MERVYN SUED ON OVERTIME
Byline: Teena Hammond
LOS ANGELES — Employees of Mervyn’s are suing the retailer and its parent, Dayton Hudson Corp., for $111 million in back pay and seeking preliminary injunctions to end Mervyn’s alleged practice of forcing low-level managers to work up to 80-hour weeks without overtime pay.
Two suits by different employees were filed in Orange County Superior Court in California, beginning in late March. They seek back wages for four years, as well as damages, for 1,750 employees.
The lawsuits claim employees worked 60 to 80 hours a week without overtime pay, said Robert W. Thompson, a lawyer for the plaintiffs in both suits.
Thompson said he will file a motion by May 8 to have the suits classified as a class, and the court is expected to respond by early June. Mervyn’s operates 276 stores in 15 states, but its 127 California locations are the only ones targeted in the suit.
The first suit, filed March 27, affects about 450 employees who were designated by Mervyn’s as either “team leaders” or “operations team leaders.” These salaried employees earn about $40,000 annually. Mervyn’s considers these employees exempt from overtime pay, according to the lawsuit.
The suit said these employees should have received overtime wages because they spent most of their time handling non supervisory tasks such as filling out credit-card forms, stocking shelves and ringing up merchandise. These employees do not fit the state’s definition of an exempt employee because less than 50 percent of their work hours are spent on managerial or administrative duties, according to the suit.
The plaintiff named in the March 27 suit is Jill Hess, an operations team leader employed at Mervyn’s in Irvine, Calif.
The second suit, filed April 8, affects about 1,300 clerical supervisors designated as “team coordinators.” They earn about $10 to $11.50 an hour and were eligible for overtime under Mervyn’s rules.

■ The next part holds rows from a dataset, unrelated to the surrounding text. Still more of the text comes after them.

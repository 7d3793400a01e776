-- ===== src/PodMapping/Lookup.antt =====
-- `get_node_by_pod` of capture/src/pod_mapping.c and the entries of the table.
use tlshub_ebpf.Base.{
  ◌≡◌, ◌≢◌, refl, ap, ◌⊎◌, inl, inr, Bool-cases, none, some, [], ◌∷◌, ◌++◌, Bytes, str_eq,
  str_eq_iff,
}
use tlshub_ebpf.PodMapping.{PodNodeTable, find_node, get_node_by_pod}
use tlshub_ebpf.PodMapping.File.{All}

-- No entry is for this pod.
abbrev pub Lacks : Bytes → PodNodeTable → Type 0
Lacks pod = All (λ m. m.pod_name ≢ pod)

-- The entry of a pod, with no entry for it before.
pub record IsFirst (pod node : Bytes) (t : PodNodeTable) : Type 0 where
  pub before : PodNodeTable
  pub after : PodNodeTable
  pub splits : t ≡ before ++ record { pod_name = pod; node_name = node } ∷ after
  pub lacks : Lacks pod before

-- A lookup gives the node of the first entry for the pod, or nothing when the table has no entry for it.
pub get_node_by_pod_lem :
    (t : PodNodeTable) (pod : Bytes)
    → ((node : Bytes) × (get_node_by_pod (some t) (some pod) ≡ some node) × IsFirst pod node t)
      ⊎ ((get_node_by_pod (some t) (some pod) ≡ none) × Lacks pod t)
unfolding get_node_by_pod find_node
get_node_by_pod_lem [] pod = inr (refl, tt)
get_node_by_pod_lem (m ∷ ms) pod = elim (Bool-cases (str_eq m.pod_name pod)) [
  | inl hit ↦
      let same = (str_eq_iff m.pod_name pod).0 hit in
      inl (
        m.node_name,
        rw hit,
        record {
          before = [];
          after = ms;
          splits = ap (λ p. record { pod_name = p; node_name = m.node_name } ∷ ms) same;
          lacks = tt;
        },
      )
  | inr miss ↦
      let other : m.pod_name ≢ pod = λ e. cc ((str_eq_iff m.pod_name pod).1 e) in
      elim (get_node_by_pod_lem ms pod) [
        | inl (node, found, f) ↦ inl (
          node,
          rw miss found,
          record {
            before = m ∷ f.before;
            after = f.after;
            splits = ap (◌∷◌ m) f.splits;
            lacks = (other, f.lacks);
          },
        )
        | inr (gone, lacks) ↦ inr (rw miss gone, (other, lacks))
      ]
]
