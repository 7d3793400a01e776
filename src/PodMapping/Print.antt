-- ===== src/PodMapping/Print.antt =====
-- `print_pod_node_mapping` and `free_pod_node_mapping` of capture/src/pod_mapping.c. A text printed is the list
-- of its lines.
use tlshub_ebpf.Base.{
  ℕ, zero, suc, ◌+◌, ◌-◌, ◌/◌, ◌%◌, Option, none, some, List, [], ◌∷◌, ◌++◌, map, Bytes, ltb,
  if◌then◌else◌, length, replicate, codes,
}
use tlshub_ebpf.PodMapping.{PodNodeMapping, PodNodeTable}

-- `%d` of a number that is not negative, with fuel for its digits.
unfoldable pub decimal_in : ℕ → ℕ → Bytes
decimal_in zero n = []
decimal_in (suc fuel) n =
    let higher = decimal_in fuel (n / 10) in
    if ltb n 10 then (b'0' + n) ∷ [] else higher ++ ((b'0' + n % 10) ∷ [])

unfoldable pub decimal : ℕ → Bytes
unfolding decimal_in
decimal n = decimal_in (suc n) n

-- `%-30s`
unfoldable pub column : Bytes → Bytes
column s = s ++ replicate (30 - length s) b' '

-- `"%-30s %-30s\n"`
unfoldable pub print_columns : Bytes → Bytes → Bytes
unfolding column
print_columns a b = column a ++ (b' ' ∷ (column b ++ (b'\n' ∷ [])))

unfoldable pub print_mapping : PodNodeMapping → Bytes
unfolding print_columns
print_mapping m = print_columns m.pod_name m.node_name

-- `print_pod_node_mapping(table)`
unfoldable pub print_pod_node_mapping : Option PodNodeTable → List Bytes
unfolding decimal print_columns print_mapping
print_pod_node_mapping none = (codes "Pod-Node mapping table is NULL" ++ (b'\n' ∷ [])) ∷ []
print_pod_node_mapping (some t) =
    (codes "Pod-Node Mapping Table ("
      ++ (decimal (length t) ++ (codes " entries):" ++ (b'\n' ∷ []))))
    ∷ (print_columns (codes "Pod Name") (codes "Node Name")
        ∷ ((replicate 60 b'-' ++ (b'\n' ∷ [])) ∷ map print_mapping t))

-- `free_pod_node_mapping(table)`, with the `free` of the system.
unfoldable pub free_pod_node_mapping : {W : Type 0} → (W → W) → Option PodNodeTable → W → W
free_pod_node_mapping free none w = w
free_pod_node_mapping free (some t) w = free w
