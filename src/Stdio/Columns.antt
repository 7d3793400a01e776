-- ===== src/Stdio/Columns.antt =====
-- Words with any number of spaces between and behind them, as `sscanf` reads them.
use tlshub_ebpf.Base.{ℕ, zero, suc, ◌≡◌, refl, ◌∙◌, true, [], ◌∷◌, ◌++◌, Bytes, replicate}
use tlshub_ebpf.Stdio.{is_space, skip_space, word, two, scan_pair}
use tlshub_ebpf.Stdio.Words.{
  IsText, IsWord, IsPlain, word-append, skip_space-IsWord, skip_space_blank,
}

pub spaces-IsPlain : (k : ℕ) → IsPlain (replicate k b' ')
spaces-IsPlain zero = tt
spaces-IsPlain (suc k) = ((refl, refl), spaces-IsPlain k)

skip_space-spaces : (k : ℕ) (rest : Bytes) → skip_space (replicate k b' ' ++ rest) ≡ skip_space rest
skip_space-spaces zero rest = refl
skip_space-spaces (suc k) rest =
    skip_space_blank (replicate k b' ' ++ rest) ∙ skip_space-spaces k rest

-- A word ends at the spaces behind it, of which there may be none, and at the space `c` after these.
word-spaces :
    (xs : Bytes) (k c : ℕ) (rest : Bytes)
    → IsText xs
    → is_space c ≡ true
    → word (xs ++ (replicate k b' ' ++ c ∷ rest)) ≡ (xs, replicate k b' ' ++ c ∷ rest)
unfolding is_space
word-spaces xs zero c rest t h = word-append xs rest c t h
word-spaces xs (suc k) c rest t h = word-append xs (replicate k b' ' ++ c ∷ rest) b' ' t refl

-- Two words with spaces behind each, at least one between them, and a newline.
pub scan_pair-spaces :
    (a b : Bytes) (k j : ℕ)
    → IsWord a
    → IsWord b
    → scan_pair (a ++ (replicate k b' ' ++ b' ' ∷ (b ++ (replicate j b' ' ++ b'\n' ∷ []))))
      ≡ two a b
unfolding scan_pair is_space
scan_pair-spaces [] b k j ha hb = absurd ha
scan_pair-spaces (x ∷ a) [] k j ha hb = absurd hb
scan_pair-spaces (x ∷ a) (y ∷ b) k j ha hb =
    let end : Bytes = replicate j b' ' ++ b'\n' ∷ [] in
    rw (
      skip_space-IsWord (x ∷ a) (replicate k b' ' ++ b' ' ∷ (y ∷ b ++ end)) ha,
      word-spaces (x ∷ a) k b' ' (y ∷ b ++ end) ha refl,
      skip_space-spaces k (b' ' ∷ (y ∷ b ++ end)),
      skip_space_blank (y ∷ b ++ end),
      skip_space-IsWord (y ∷ b) end hb,
      word-spaces (y ∷ b) j b'\n' [] hb refl,
    )
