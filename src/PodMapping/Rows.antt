-- ===== src/PodMapping/Rows.antt =====
-- The rows that `print_pod_node_mapping` prints are lines that `init_pod_node_mapping` reads.
use tlshub_ebpf.Base.{
  ◌-◌, ◌≡◌, refl, ap, ◌∙◌, false, leb, some, [], ◌∷◌, ◌++◌, map, Bytes, drop, length, replicate,
  take_all, append_assoc, arith,
}
use tlshub_ebpf.Stdio.{scan_pair, two}
use tlshub_ebpf.Stdio.Words.{IsWord-IsPlain, IsPlain, IsPlain-append, c_string-line}
use tlshub_ebpf.Stdio.Columns.{spaces-IsPlain, scan_pair-spaces}
use tlshub_ebpf.PodMapping.{
  max_name, PodNodeMapping, PodNodeTable, is_skipped, overruns, scan_mapping, read_mapping,
}
use tlshub_ebpf.PodMapping.File.{Fits, All, is_skipped-append, not_leb}
use tlshub_ebpf.PodMapping.Print.{print_mapping, print_pod_node_mapping}

-- The row without its newline.
abbrev cells : PodNodeMapping → Bytes
cells m =
    m.pod_name
    ++ (replicate (30 - length m.pod_name) b' '
        ++ (b' ' ∷ (m.node_name ++ replicate (30 - length m.node_name) b' ')))

print_mapping-cells : (m : PodNodeMapping) → print_mapping m ≡ cells m ++ b'\n' ∷ []
unfolding print_mapping
print_mapping-cells m = simp append_assoc

cells-IsPlain : (m : PodNodeMapping) → Fits m → IsPlain (cells m)
cells-IsPlain m f = IsPlain-append m.pod_name _ (IsWord-IsPlain m.pod_name f.pod_word) (
    IsPlain-append (replicate (30 - length m.pod_name) b' ') _
      (spaces-IsPlain (30 - length m.pod_name))
      (
        (refl, refl),
        IsPlain-append m.node_name _ (IsWord-IsPlain m.node_name f.node_word)
            (spaces-IsPlain (30 - length m.node_name)),
      ))

scan_pair-cells :
    (m : PodNodeMapping) → Fits m → scan_pair (cells m ++ b'\n' ∷ []) ≡ two m.pod_name m.node_name
scan_pair-cells m f =
    ap scan_pair (rearranged m)
    ∙ scan_pair-spaces m.pod_name m.node_name (30 - length m.pod_name) (30 - length m.node_name)
        f.pod_word f.node_word
  where
    rearranged :
        (m : PodNodeMapping)
        → cells m ++ b'\n' ∷ []
          ≡ m.pod_name
            ++ (replicate (30 - length m.pod_name) b' '
                ++ b' ' ∷ (m.node_name ++ (replicate (30 - length m.node_name) b' ' ++ b'\n' ∷ [])))
    rearranged m = simp append_assoc

read_mapping-print_mapping :
    (m : PodNodeMapping) → Fits m → read_mapping (print_mapping m) ≡ some (some m)
unfolding read_mapping scan_mapping overruns
read_mapping-print_mapping m f =
    let plain = c_string-line (cells m) (cells-IsPlain m f) in
    let pod_fits : leb max_name (length m.pod_name) ≡ false = not_leb 256 _ f.pod_size in
    let node_fits : leb max_name (length m.node_name) ≡ false = not_leb 256 _ f.node_size in
    let skipped : is_skipped (cells m ++ b'\n' ∷ []) ≡ false =
      ap is_skipped (append_assoc m.pod_name _ (b'\n' ∷ []))
      ∙ is_skipped-append m.pod_name _ f.pod_word
      ∙ f.no_comment in
    rw (
      print_mapping-cells m,
      skipped,
      plain,
      scan_pair-cells m f,
      scan_mapping,
      pod_fits,
      node_fits,
      take_all 255 m.pod_name (omega (arith, f.pod_size)),
      take_all 255 m.node_name (omega (arith, f.node_size)),
    )

rows-read :
    (t : PodNodeTable)
    → All Fits t
    → map read_mapping (map print_mapping t) ≡ map (λ m. some (some m)) t
rows-read [] fits = refl
rows-read (m ∷ t) fits = rw (read_mapping-print_mapping m fits.0, rows-read t fits.1) refl

-- Behind the three lines of its head, `print_pod_node_mapping` prints one line for each entry that
-- `init_pod_node_mapping`, given that line, reads as the same entry.
pub print-rows :
    (t : PodNodeTable)
    → All Fits t
    → map read_mapping (drop 3 (print_pod_node_mapping (some t))) ≡ map (λ m. some (some m)) t
unfolding print_pod_node_mapping
print-rows t fits = rows-read t fits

On Friday, the California Industrial Welfare Commission repealed the daily requirement of the overtime law. The repeal, expected to take effect July 1, means that employers are only required to pay overtime for when employees work more than 40 hours a week. Previously, employers would also be required to pay overtime for hours after an eight-hour day.
The plaintiff named in the April 8 suit is Donald Priestly, who worked at Mervyn’s in Mission Viejo, Calif., but is no longer employed there.
The suits contend that Mervyn’s used its reduced labor costs to gain an unfair advantage over competitors by pricing its merchandise below cost.
According to Thompson, “For a lot of retail companies, especially in California, it’s so competitive that the only way to increase profits is to decrease expenses. The only way to do that in a labor-heavy industry like retail is to keep your wages down, which you do by keeping your employees off the clock.”
A Mervyn’s spokeswoman said the firm’s legal department has a copy of the suits but will not comment on the pending litigation. Officials at Minneapolis, Minn.-based Dayton Hudson declined to comment.
Thompson compares the case with Nordstrom Inc.’s 1993 settlement after a suit was filed in Seattle alleging that the company had failed to pay its employees for hours worked writing thank-you notes and restocking inventory. The retailer agreed to pay up to $4,000 each to thousands of employees.